- [Given records]:
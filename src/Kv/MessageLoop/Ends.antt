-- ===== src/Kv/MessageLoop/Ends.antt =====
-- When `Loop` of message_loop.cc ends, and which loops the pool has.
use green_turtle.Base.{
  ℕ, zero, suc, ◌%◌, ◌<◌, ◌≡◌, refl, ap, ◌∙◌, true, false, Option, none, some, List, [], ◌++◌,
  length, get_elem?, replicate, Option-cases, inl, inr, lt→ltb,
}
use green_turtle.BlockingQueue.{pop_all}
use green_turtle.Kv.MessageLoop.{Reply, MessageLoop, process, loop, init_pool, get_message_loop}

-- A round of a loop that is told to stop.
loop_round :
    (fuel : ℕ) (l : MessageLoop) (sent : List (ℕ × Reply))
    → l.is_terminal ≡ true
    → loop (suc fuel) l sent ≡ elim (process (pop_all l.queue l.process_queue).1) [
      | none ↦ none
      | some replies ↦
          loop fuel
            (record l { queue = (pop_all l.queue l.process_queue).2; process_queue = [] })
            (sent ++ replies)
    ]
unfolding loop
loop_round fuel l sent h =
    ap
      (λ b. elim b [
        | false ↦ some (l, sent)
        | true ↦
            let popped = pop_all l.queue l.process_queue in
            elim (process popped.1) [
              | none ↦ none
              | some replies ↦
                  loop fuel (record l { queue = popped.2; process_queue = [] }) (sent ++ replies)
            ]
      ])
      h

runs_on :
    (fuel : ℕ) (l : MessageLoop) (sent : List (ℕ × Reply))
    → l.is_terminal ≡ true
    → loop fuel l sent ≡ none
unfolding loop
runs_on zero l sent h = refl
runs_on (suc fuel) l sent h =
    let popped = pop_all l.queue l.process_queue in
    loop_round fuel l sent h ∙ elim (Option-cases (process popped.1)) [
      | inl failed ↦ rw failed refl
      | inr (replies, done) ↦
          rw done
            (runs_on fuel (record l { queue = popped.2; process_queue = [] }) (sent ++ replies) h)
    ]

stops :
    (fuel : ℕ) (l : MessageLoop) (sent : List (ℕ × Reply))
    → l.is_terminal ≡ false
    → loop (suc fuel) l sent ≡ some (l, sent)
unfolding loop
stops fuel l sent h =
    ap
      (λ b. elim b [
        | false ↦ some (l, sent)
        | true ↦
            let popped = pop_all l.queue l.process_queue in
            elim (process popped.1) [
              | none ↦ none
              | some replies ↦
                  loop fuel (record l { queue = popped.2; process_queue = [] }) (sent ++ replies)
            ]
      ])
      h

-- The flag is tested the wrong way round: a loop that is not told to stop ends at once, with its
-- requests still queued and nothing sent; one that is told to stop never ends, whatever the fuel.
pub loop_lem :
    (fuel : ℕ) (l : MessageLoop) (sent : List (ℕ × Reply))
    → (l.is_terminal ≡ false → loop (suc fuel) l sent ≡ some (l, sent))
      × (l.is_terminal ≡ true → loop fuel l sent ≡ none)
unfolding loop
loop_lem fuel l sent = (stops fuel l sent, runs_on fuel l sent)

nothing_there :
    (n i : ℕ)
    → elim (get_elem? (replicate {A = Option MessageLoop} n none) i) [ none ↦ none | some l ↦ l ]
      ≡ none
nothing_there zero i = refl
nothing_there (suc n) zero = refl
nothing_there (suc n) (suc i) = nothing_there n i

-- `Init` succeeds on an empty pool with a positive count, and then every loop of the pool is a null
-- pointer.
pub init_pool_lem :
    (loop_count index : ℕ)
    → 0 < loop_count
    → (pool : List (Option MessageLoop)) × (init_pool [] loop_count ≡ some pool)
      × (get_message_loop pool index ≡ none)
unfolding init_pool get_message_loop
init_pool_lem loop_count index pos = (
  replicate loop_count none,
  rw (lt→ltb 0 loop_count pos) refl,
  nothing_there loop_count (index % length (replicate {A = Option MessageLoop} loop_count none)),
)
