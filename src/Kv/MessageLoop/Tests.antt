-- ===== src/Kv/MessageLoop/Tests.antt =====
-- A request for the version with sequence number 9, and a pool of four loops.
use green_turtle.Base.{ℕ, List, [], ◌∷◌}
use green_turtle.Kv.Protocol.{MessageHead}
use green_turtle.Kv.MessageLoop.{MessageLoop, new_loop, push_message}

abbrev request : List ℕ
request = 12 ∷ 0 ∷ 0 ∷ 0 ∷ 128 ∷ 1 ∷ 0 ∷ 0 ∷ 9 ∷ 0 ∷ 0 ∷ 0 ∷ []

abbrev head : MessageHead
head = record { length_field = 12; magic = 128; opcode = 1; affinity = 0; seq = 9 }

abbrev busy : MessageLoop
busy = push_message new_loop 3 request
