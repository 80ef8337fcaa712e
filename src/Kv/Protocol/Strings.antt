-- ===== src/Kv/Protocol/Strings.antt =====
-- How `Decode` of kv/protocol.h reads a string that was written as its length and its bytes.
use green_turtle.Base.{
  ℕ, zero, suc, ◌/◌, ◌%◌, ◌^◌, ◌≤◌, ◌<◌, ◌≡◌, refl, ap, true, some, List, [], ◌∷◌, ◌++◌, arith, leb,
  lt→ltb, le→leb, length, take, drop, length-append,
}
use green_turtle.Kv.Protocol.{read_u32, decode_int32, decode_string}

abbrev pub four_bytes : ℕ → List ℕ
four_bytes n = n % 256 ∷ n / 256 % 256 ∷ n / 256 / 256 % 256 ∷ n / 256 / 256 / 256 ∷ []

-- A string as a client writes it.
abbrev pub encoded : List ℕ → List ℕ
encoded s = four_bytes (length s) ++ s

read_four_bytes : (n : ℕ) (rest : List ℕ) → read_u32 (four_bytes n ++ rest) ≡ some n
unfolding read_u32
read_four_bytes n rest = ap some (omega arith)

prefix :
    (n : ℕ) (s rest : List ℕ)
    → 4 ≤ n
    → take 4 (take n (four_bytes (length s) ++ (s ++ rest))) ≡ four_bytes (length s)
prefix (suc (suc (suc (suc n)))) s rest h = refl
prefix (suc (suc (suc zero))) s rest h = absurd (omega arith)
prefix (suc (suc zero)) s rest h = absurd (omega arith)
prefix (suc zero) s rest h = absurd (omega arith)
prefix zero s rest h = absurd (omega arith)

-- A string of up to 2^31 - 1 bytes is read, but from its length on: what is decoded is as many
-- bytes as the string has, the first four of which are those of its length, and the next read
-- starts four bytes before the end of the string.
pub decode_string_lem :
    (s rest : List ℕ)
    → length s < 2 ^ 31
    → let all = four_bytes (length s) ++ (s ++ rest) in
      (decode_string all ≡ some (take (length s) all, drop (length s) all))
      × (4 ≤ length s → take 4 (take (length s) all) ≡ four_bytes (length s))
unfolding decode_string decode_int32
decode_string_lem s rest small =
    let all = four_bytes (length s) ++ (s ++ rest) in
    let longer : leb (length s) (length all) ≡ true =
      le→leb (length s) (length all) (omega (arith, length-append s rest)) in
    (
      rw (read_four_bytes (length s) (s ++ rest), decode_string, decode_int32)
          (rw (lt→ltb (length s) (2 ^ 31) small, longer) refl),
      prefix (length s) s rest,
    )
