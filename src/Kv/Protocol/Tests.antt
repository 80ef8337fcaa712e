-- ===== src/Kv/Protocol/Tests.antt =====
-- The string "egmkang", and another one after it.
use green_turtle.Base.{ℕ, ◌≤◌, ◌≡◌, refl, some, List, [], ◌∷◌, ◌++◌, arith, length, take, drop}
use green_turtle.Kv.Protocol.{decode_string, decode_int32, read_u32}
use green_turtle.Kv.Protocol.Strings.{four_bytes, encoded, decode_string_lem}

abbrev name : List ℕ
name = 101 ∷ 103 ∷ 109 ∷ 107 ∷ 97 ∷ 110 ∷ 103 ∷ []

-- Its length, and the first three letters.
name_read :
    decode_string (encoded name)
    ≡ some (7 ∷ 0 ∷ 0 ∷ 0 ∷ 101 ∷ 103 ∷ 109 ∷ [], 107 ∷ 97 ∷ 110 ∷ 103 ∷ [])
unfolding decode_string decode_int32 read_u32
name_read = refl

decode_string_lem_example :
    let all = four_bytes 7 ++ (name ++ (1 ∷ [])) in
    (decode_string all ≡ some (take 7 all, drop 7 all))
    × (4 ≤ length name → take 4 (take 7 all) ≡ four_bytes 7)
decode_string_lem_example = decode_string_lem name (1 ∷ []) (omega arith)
---
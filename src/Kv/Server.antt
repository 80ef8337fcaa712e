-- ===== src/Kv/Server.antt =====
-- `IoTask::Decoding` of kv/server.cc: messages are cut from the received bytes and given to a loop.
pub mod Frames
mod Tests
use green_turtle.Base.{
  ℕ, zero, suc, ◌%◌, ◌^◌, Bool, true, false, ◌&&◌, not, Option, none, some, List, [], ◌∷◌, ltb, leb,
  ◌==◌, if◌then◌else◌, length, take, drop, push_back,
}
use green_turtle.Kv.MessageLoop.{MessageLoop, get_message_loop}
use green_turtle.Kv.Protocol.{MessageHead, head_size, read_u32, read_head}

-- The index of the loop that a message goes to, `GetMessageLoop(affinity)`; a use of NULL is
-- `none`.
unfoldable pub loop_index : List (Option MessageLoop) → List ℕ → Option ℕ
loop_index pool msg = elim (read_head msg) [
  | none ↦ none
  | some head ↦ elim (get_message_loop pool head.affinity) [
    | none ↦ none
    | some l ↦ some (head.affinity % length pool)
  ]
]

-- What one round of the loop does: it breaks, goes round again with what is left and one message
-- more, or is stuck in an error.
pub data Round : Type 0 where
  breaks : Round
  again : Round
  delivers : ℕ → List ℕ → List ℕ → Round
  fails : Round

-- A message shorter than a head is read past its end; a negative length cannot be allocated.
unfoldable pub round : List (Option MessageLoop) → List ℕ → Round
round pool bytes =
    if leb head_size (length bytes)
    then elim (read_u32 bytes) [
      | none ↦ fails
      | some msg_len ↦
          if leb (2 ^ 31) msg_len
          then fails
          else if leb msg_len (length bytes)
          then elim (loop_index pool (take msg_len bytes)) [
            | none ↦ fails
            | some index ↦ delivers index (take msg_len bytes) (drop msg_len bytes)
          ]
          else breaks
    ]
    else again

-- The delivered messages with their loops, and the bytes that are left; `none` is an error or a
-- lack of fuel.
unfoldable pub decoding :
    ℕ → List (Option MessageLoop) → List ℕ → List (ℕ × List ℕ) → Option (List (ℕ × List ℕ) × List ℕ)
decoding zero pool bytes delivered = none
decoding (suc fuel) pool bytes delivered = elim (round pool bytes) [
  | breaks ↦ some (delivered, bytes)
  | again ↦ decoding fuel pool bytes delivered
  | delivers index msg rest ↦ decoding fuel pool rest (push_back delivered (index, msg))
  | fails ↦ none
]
---
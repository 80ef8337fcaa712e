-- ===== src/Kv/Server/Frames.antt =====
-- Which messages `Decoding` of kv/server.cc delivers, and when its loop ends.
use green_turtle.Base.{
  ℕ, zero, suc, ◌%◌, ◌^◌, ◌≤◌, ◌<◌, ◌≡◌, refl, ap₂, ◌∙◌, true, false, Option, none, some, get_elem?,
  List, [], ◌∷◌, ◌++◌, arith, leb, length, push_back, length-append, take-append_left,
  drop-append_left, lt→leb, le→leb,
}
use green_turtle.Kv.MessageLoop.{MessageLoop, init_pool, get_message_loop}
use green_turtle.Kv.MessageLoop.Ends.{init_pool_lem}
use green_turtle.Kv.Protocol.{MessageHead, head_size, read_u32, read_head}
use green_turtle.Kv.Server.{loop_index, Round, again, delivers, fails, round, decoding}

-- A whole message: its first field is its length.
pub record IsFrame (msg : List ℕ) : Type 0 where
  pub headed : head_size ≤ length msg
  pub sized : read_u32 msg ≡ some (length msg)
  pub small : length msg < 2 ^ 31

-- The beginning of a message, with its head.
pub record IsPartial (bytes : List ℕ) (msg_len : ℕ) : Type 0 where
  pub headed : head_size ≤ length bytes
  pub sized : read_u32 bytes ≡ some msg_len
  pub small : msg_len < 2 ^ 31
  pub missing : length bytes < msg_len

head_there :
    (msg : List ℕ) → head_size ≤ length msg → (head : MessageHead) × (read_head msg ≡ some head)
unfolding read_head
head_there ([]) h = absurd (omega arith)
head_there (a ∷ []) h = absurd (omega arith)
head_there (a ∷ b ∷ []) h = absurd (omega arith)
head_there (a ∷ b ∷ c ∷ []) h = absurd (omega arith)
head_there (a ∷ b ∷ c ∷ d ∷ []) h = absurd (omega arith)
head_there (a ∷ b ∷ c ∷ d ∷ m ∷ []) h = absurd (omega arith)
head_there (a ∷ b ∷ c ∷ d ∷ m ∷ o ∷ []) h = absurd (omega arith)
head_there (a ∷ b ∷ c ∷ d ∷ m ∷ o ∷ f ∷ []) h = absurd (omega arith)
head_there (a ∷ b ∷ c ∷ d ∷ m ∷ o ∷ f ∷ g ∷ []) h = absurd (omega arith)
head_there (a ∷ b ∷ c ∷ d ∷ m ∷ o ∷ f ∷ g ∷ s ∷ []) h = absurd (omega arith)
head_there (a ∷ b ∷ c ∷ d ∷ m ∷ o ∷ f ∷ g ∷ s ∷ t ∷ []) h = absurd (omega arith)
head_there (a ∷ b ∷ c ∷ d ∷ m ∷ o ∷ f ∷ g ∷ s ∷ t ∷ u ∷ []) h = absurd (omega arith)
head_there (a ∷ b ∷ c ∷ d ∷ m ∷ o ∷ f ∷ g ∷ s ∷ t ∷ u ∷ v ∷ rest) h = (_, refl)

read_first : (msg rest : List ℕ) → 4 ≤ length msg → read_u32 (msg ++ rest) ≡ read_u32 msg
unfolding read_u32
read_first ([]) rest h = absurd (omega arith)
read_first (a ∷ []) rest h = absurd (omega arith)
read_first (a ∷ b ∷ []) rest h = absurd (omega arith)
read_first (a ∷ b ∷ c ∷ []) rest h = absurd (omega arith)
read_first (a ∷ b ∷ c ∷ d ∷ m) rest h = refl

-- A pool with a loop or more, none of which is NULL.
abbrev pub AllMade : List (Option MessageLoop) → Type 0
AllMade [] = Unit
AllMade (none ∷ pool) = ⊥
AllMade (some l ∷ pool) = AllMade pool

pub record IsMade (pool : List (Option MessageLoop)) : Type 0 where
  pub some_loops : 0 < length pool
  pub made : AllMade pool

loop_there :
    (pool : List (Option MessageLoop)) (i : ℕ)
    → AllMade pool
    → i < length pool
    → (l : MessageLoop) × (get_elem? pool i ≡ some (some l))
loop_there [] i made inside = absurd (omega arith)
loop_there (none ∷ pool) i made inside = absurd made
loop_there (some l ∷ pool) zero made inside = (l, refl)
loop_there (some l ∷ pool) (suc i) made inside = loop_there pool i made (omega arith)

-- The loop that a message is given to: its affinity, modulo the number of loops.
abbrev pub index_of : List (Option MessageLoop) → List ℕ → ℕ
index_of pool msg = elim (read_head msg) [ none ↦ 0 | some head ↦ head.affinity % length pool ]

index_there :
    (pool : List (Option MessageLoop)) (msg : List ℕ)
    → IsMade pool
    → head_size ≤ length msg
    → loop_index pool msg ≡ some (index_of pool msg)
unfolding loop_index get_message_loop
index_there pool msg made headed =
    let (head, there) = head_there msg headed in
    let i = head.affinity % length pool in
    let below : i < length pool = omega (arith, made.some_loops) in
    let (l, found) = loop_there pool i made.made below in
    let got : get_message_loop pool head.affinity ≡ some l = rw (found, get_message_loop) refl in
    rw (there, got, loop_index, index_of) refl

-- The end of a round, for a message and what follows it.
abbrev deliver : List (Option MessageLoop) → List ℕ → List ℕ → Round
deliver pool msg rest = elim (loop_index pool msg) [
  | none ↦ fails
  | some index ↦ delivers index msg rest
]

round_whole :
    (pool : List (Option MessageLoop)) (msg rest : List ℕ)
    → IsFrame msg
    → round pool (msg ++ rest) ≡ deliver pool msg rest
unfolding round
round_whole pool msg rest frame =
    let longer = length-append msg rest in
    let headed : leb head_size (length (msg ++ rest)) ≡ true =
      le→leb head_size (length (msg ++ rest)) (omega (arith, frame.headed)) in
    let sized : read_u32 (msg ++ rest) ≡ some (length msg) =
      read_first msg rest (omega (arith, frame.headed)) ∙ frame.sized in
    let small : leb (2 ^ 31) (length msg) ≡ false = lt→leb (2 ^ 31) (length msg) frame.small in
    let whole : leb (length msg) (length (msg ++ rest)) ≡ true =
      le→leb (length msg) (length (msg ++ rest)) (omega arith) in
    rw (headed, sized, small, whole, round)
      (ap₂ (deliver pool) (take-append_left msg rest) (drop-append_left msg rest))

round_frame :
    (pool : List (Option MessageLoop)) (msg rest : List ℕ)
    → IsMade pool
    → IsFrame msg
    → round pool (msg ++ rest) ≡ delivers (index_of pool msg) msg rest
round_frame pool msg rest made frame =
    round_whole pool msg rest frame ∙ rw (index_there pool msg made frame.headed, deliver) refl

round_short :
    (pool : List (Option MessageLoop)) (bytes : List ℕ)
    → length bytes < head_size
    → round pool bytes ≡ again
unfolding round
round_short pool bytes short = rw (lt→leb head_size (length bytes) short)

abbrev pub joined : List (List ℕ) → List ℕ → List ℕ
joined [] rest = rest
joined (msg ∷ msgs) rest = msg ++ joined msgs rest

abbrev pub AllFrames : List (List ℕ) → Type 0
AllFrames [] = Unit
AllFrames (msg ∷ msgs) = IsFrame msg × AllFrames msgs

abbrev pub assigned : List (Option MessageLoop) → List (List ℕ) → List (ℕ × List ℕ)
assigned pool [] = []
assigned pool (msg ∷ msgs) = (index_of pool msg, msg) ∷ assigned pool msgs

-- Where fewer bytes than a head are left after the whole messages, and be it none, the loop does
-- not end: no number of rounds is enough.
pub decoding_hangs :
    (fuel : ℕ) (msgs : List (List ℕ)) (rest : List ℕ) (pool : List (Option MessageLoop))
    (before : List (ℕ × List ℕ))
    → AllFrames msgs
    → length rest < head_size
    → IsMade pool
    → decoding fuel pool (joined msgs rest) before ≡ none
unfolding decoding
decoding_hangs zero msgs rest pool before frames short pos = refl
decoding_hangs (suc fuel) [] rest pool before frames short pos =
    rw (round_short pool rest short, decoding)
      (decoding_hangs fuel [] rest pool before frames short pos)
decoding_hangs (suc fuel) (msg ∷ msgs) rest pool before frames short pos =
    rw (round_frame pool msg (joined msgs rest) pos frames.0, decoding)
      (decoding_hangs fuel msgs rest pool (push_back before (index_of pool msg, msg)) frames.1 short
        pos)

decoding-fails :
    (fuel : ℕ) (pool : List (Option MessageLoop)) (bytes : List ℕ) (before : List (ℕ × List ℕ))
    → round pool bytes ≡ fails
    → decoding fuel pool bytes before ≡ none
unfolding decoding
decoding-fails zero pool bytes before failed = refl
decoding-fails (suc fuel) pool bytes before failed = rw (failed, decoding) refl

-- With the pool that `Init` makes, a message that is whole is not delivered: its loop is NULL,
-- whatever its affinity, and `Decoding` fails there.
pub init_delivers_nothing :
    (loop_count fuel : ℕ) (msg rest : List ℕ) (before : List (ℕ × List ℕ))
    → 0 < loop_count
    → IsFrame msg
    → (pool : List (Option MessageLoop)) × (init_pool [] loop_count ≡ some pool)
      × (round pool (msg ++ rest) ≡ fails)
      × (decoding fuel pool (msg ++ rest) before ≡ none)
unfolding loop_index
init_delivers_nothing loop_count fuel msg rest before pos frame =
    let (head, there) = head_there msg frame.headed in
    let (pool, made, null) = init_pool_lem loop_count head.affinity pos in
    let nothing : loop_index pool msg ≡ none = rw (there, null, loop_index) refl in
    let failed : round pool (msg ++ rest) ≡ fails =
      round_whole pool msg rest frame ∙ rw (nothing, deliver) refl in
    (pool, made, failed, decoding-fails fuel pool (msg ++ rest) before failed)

- [Exercise aim]: Would you copy, unchanged, the stretch of the records above that begins at the line containing "index_of pool msg = elim" and ends at the line containing "let i = head.affinity % length pool in", and only that?

- [Answer space]:
index_of pool msg = elim (read_head msg) [ none ↦ 0 | some head ↦ head.affinity % length pool ]

index_there :
    (pool : List (Option MessageLoop)) (msg : List ℕ)
    → IsMade pool
    → head_size ≤ length msg
    → loop_index pool msg ≡ some (index_of pool msg)
unfolding loop_index get_message_loop
index_there pool msg made headed =
    let (head, there) = head_there msg headed in
    let i = head.affinity % length pool in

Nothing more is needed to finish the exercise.